My sourdough starter. Sourdough is the oldest known bread; it remains one of the best. As Ed Wood says in his book, Classic Sourdoughs, “10,000 years later, there’s no way to raise better bread.” Wood, a physician, became pathology chairman in a Saudi Arabian hospital. He’d become interested in a class of “truly unique organisms” even before then: the yeasts and beneficial bacteria that had been the basis of breadmaking for thousands of years. Now in the Middle East, the historic birthplace of bread, Wood began a quest for sourdough cultures and knowledge that had been passed down through generations from the earliest beginnings of civilizations.

The “sour” in sourdough comes from those beneficial bacteria: lactobaccilus, which have a symbiotic relationship with yeasts. Their byproduct, lactic acid, gives sourdough breads their unique flavor.

It’s not difficult to find sourdough starter.

Packets of dried starter are available; there are numerous cookbooks and websites with instructions. And I was pretty sure that Patrick Groth, master baker and owner of Incredibly Delicious, would give me some of the starter that he uses to make his incredibly delicious artisanal sourdough breads.

Still, my own sourdough starter had been special, something unique to my particular place in the world. I’d used Nancy Silverton’s

book, Breads from the La Brea Bakery. Silverton was in the vanguard of American chef/bakers rediscovering the fantastic flavors and textures of artisanal breads with crackling crusts and chewy, subtly tart interiors.

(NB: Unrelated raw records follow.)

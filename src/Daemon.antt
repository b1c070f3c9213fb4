-- ===== src/Daemon.antt =====
-- internal/daemon/protocol.go: the frames between the command line and the daemon, one connection of
-- the server, and the client's call. encoding/json is a parameter; a connection is what its two ends
-- write, as bytes.
pub mod Frames
pub mod Session
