-- ===== src/Daemon/Frames.antt =====
-- internal/daemon/protocol.go: readFrame and writeFrame.
pub mod RoundTrip
use joyrun.Base.{
  ℕ, zero, suc, ◌+◌, ◌*◌, ◌/◌, ◌%◌, ◌^◌, Bool, true, false, ◌||◌, Option, none, some, List, [], ◌∷◌,
  ◌++◌, length, ltb, nat_eq, if◌then◌else◌,
}
use joyrun.Base.Text.{Text}

-- `8 << 20`
abbrev pub max_frame_size : ℕ
max_frame_size = 8_388_608

-- binary.BigEndian.PutUint32 of `uint32(n)`
unfoldable pub put_uint32 : ℕ → Text
put_uint32 n = n / 2 ^ 24 % 2 ^ 8 ∷ n / 2 ^ 16 % 2 ^ 8 ∷ n / 2 ^ 8 % 2 ^ 8 ∷ n % 2 ^ 8 ∷ []

-- writeFrame, after json.Marshal; `none` is its error, and then nothing is written.
unfoldable pub write_frame : Text → Option Text
unfolding put_uint32
write_frame body =
    if nat_eq (length body) 0 || ltb max_frame_size (length body)
    then none
    else some (put_uint32 (length body) ++ body)

-- io.ReadFull of so many bytes: what was read, and what is left of the stream.
unfoldable pub read_full : ℕ → Text → Option (Text × Text)
read_full zero s = some ([], s)
read_full (suc n) [] = none
read_full (suc n) (c ∷ s) = add_byte c (read_full n s)
  where
    add_byte : ℕ → Option (Text × Text) → Option (Text × Text)
    add_byte c none = none
    add_byte c (some (body, rest)) = some (c ∷ body, rest)

-- readFrame, before json.Unmarshal.
unfoldable pub read_frame : Text → Option (Text × Text)
unfolding read_full
read_frame (a ∷ b ∷ c ∷ d ∷ s) =
    let n = a * 2 ^ 24 + b * 2 ^ 16 + c * 2 ^ 8 + d in
    if nat_eq n 0 || ltb max_frame_size n then none else read_full n s
read_frame _ = none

Silverton’s book was the first to translate the sourdough techniques and recipes used by artisanal baking professionals for use by home bakers.

“This is the most frustrating and ultimately satisfying thing I discovered: Bread is alive,” she says.

“Sourdough bread in all its states, as a starter, as a dough, as a shaped loaf about to go in the oven, is a product not only of its ingredients, but of its surroundings. The sourdough loaf you might make in St. Louis with the same ingredients, equipment and recipe as I use in Los Angeles will not be exactly the same as mine. It will have its own characteristics and idiosyncrasies.”

I’d followed Silverton’s instructions, beginning with pesticide-free grapes, because grape skins naturally attract wild yeasts. Using wild grapes that grow in our woods and water from our well made it truly, as Silverton says, a product of my surroundings. Making the starter was a 14-day process. After initially fermenting the grapes, water and flour, the culture is periodically refreshed with additional flour and water until Day 10 when it begins to be fed three times a day. On the 15th day, the sourdough starter is finally ready to make bread.

And so I began baking. I’ve never considered myself primarily a baker, especially not a bread baker. I’d made yeast breads occasionally: tasty, homey loaves and rolls. One I especially liked included crunchy millet seeds and oatmeal that kept well and made wonderful toast. But the sourdough bread I was produc-ing was at a higher level. Chef friends asked if I’d bring it to dinner. I became confident enough to teach sourdough bread making in my cooking classes, building up enough starter to give to students.